Ký hiệu phân loại: 536 Heat

Thông tin xuất bản: Switzerland : Current environmental health reports , 2025

Mô tả vật lý:

Bộ sưu tập: NCBI

ID: 676614

 PURPOSE OF REVIEW: Heat vulnerability mapping (or heat risk mapping) is commonly used as a cost-effective tool to assess neighborhood health burdens for policy development and implementations. Some local governments have adopted this strategy to develop community action plans to cope with an increasing threat from heat exposure. However, various data/methods for mapping have yielded inconsistent results. For a compact city with high population density, issues from generic mapping techniques would become more apparent due to its complexity of social/environmental structures.
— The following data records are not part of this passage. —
-- ===== src/Logging/Text.antt =====
-- The ring holds a text of whole lines: ring_put puts a text at its end, and the oldest lines
-- give way; log_line reads its lines (src/logging.c).
use ninit.Prelude.{
  ℕ, zero, suc, ◌+◌, ◌-◌, ◌<◌, ◌≤◌, ◌≡◌, refl, sym, ap, ◌∙◌, Bool, true, false, List, ◌++◌, drop,
  length, ltb, if◌then◌else◌, arith,
}
use ninit.Logging.{Ring, offset, ring_eol, make_room, ring_put}
use ninit.Logging.Eol.{ring_eol-text}
use ninit.Logging.Cells.{
  view, view-append, drop-view, length-view, map-agree, add64-small, written, written-before,
  view-written,
}
use ninit.Logging.Lines.{
  line_length, line_length-le, are_lines, are_lines-append, trim, length-trim, trim-are_lines,
}

-- the bytes that the ring holds
abbrev pub text : Ring → List ℕ
text r = view r.bytes r.tail (r.head - r.tail)

-- What ring_put keeps: the positions are in order, and whole lines stand between them.
pub record IsLog (r : Ring) : Type 0 where
  pub order : r.tail ≤ r.head
  pub room : r.head ≤ r.tail + 131072
  pub lines : are_lines 0 (text r) ≡ true

-- `room` is the ring r when its oldest lines have given way and `left` is left.
record IsRoom (r : Ring) (left : List ℕ) (room : Ring) : Type 0 where
  head_kept : room.head ≡ r.head
  bytes_kept : room.bytes ≡ r.bytes
  later : r.tail ≤ room.tail
  within : room.tail ≤ r.head
  is_left : view r.bytes room.tail (r.head - room.tail) ≡ left

same_branch {ℓ κ} :
    {A : Type ℓ} {B : Type κ} (P : A → B → Type 0) (b c : Bool) (x y : A) (u v : B)
    → b ≡ c
    → (b ≡ true → P x u)
    → P y v
    → P (if b then x else y) (if c then u else v)
same_branch P true true x y u v e h k = h refl
same_branch P true false x y u v e h k = absurd (grind (arith, e))
same_branch P false true x y u v e h k = absurd (grind (arith, e))
same_branch P false false x y u v e h k = k

same_test :
    (head tail n k : ℕ)
    → k ≡ head - tail
    → tail ≤ head
    → n ≤ 131072
    → ltb 131072 (head + n - tail) ≡ ltb (131072 - n) k
same_test head tail n k e l fits = ground arith

-- One line gives way first.
module _ (r : Ring) (ordered : r.tail ≤ r.head) (room : r.head ≤ r.tail + 131072)
    (small : r.head < 18446744073709551616) where
  abbrev one_gone : Ring
  one_gone = record r { tail = ring_eol 131073 r r.tail }

  size : length (text r) ≡ r.head - r.tail
  size = length-view r.bytes r.tail (r.head - r.tail)

  gone_at : ring_eol 131073 r r.tail ≡ r.tail + line_length (text r)
  gone_at = ring_eol-text 131073 r r.tail ordered small (omega arith)

  gone_order : ring_eol 131073 r r.tail ≤ r.head
  gone_order = omega (arith, gone_at, line_length-le (text r), size)

  text_gone : text one_gone ≡ drop (line_length (text r)) (text r)
  text_gone =
      ap (λ k. view r.bytes k (r.head - k)) gone_at
      ∙ ap (view r.bytes (r.tail + line_length (text r))) (omega arith)
      ∙ sym (
          drop-view r.bytes r.tail (line_length (text r)) (r.head - r.tail)
            (omega (arith, line_length-le (text r), size)))

  one_gone-IsRoom :
      (fuel limit : ℕ) (left : Ring)
      → IsRoom one_gone (trim fuel limit (text one_gone)) left
      → IsRoom r (trim fuel limit (drop (line_length (text r)) (text r))) left
  one_gone-IsRoom fuel limit left h = record {
    head_kept = h.head_kept;
    bytes_kept = h.bytes_kept;
    later = omega (arith, h.later, gone_at);
    within = h.within;
    is_left = h.is_left ∙ ap (trim fuel limit) text_gone;
  }

-- The oldest lines that give way are those that trim takes off.
make_room-IsRoom :
    (fuel : ℕ) (r : Ring) (n : ℕ)
    → r.tail ≤ r.head
    → r.head ≤ r.tail + 131072
    → r.head < 18446744073709551616
    → n ≤ 131072
    → IsRoom r (trim fuel (131072 - n) (text r)) (make_room fuel r n)
unfolding make_room trim
make_room-IsRoom zero r n l room small fits = record {
  head_kept = refl;
  bytes_kept = refl;
  later = omega arith;
  within = l;
  is_left = refl;
}
make_room-IsRoom (suc fuel) r n l room small fits =
    let at = gone_at r l room small in
    let rest =
      make_room-IsRoom fuel (one_gone r l room small) n (gone_order r l room small)
        (omega (arith, at)) small fits in
    same_branch (λ q t. IsRoom r t q) (ltb 131072 (r.head + n - r.tail))
      (ltb (131072 - n) (length (text r))) _ r _ (text r)
      (same_test r.head r.tail n (length (text r)) (size r l room small) l fits)
      (λ _. one_gone-IsRoom r l room small fuel (131072 - n) _ rest)
      (record {
        head_kept = refl;
        bytes_kept = refl;
        later = omega arith;
        within = l;
        is_left = refl;
      })

module _ (r : Ring) (s : List ℕ) (log : IsLog r) (fits : length s ≤ 131072)
    (small : r.head + length s < 18446744073709551616) where
  abbrev room : Ring
  room = make_room (r.head - r.tail) r (length s)

  abbrev left : List ℕ
  left = trim (r.head - r.tail) (131072 - length s) (text r)

  roomy : IsRoom r left room
  roomy = make_room-IsRoom (r.head - r.tail) r (length s) log.order log.room (omega arith) fits

  left_fits : r.head + length s ≤ room.tail + 131072
  left_fits =
      let trimmed =
        length-trim (131072 - length s) (r.head - r.tail) (text r)
          (omega (arith, length-view r.bytes r.tail (r.head - r.tail))) in
      omega (
        arith,
        trimmed,
        ap length roomy.is_left,
        length-view r.bytes room.tail (r.head - room.tail),
        roomy.within,
        fits,
      )

  -- From a place that has not given way on, the text gets longer by s.
  pub view-ring_put :
      (at : ℕ)
      → (ring_put r s).tail ≤ at
      → at ≤ r.head
      → view (ring_put r s).bytes at ((ring_put r s).head - at) ≡ view r.bytes at (r.head - at) ++ s
  unfolding ring_put
  view-ring_put at l m =
      let w = written r.bytes r.head s in
      let n = length s in
      let old =
        map-agree (λ p. w (offset p)) (λ p. r.bytes (offset p)) at at (r.head - at)
          (λ i k.
            written-before r.bytes r.head s fits (at + i) (omega arith)
              (omega (arith, left_fits, l))) in
      ap (λ h. view w at (h - at)) (add64-small r.head n small)
      ∙ view-append w at (r.head - at) (r.head + n - at) (omega arith)
      ∙ ap (λ v. v ++ view w (at + (r.head - at)) (r.head + n - at - (r.head - at))) old
      ∙ ap (λ a. view r.bytes at (r.head - at) ++ view w a (r.head + n - at - (r.head - at)))
          (omega (arith, m))
      ∙ ap (λ k. view r.bytes at (r.head - at) ++ view w r.head k) (omega (arith, m))
      ∙ ap (λ v. view r.bytes at (r.head - at) ++ v) (view-written r.bytes r.head s fits)

  -- Logging s puts it at the end of the text, whose oldest lines give way, no more of them than
  -- the room for s needs.
  pub text-ring_put : text (ring_put r s) ≡ trim (length (text r)) (131072 - length s) (text r) ++ s
  unfolding ring_put
  text-ring_put =
      view-ring_put room.tail (omega arith) roomy.within
      ∙ ap (λ v. v ++ s) roomy.is_left
      ∙ ap (λ k. trim k (131072 - length s) (text r) ++ s)
          (sym (length-view r.bytes r.tail (r.head - r.tail)))

  pub ring_put-IsLog : are_lines 0 s ≡ true → IsLog (ring_put r s)
  unfolding ring_put
  ring_put-IsLog e = record {
    order = omega (arith, roomy.within, add64-small r.head (length s) small);
    room = omega (arith, left_fits, add64-small r.head (length s) small);
    lines =
        ap (are_lines 0) text-ring_put
        ∙ are_lines-append 0 (trim (length (text r)) (131072 - length s) (text r)) s
            (trim-are_lines (131072 - length s) (length (text r)) (text r) log.lines)
        ∙ e;
  }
RECENT FINDINGS: We explored the similarities/differences in existing heat vulnerability mapping approaches. Previous models (1) failed to characterize extreme heat variations (e.g. days with different temperature extremes, difference between single hot days and prolonged heat events)
  (2) generally lacked a validation of associations between mapping results and various health outcomes (e.g. only relying on mortality data for validation but no validation of morbidities or clinical visits)
  (3) had a low ability to incorporate spatiotemporal variability of demographic patterns (e.g. difference in daytime/nighttime population patterns due to daily mobility)
  (4) were unable to adopt perceived heat exposure (e.g. Universal Thermal Climate Index)
  and (5) did not measure heat vulnerability at street-/building-levels even though 3-dimensional urban forms exist across major cities. Additionally, most applications (including those from local governments) were developed from a top-down perspective without a participatory design. A location-specific, evidence-based framework based on various exposure patterns and health outcomes with bottom-up strategies for implementations is needed for minimizing bias from "one-size-fits-all" strategies for action plans across high-density cities.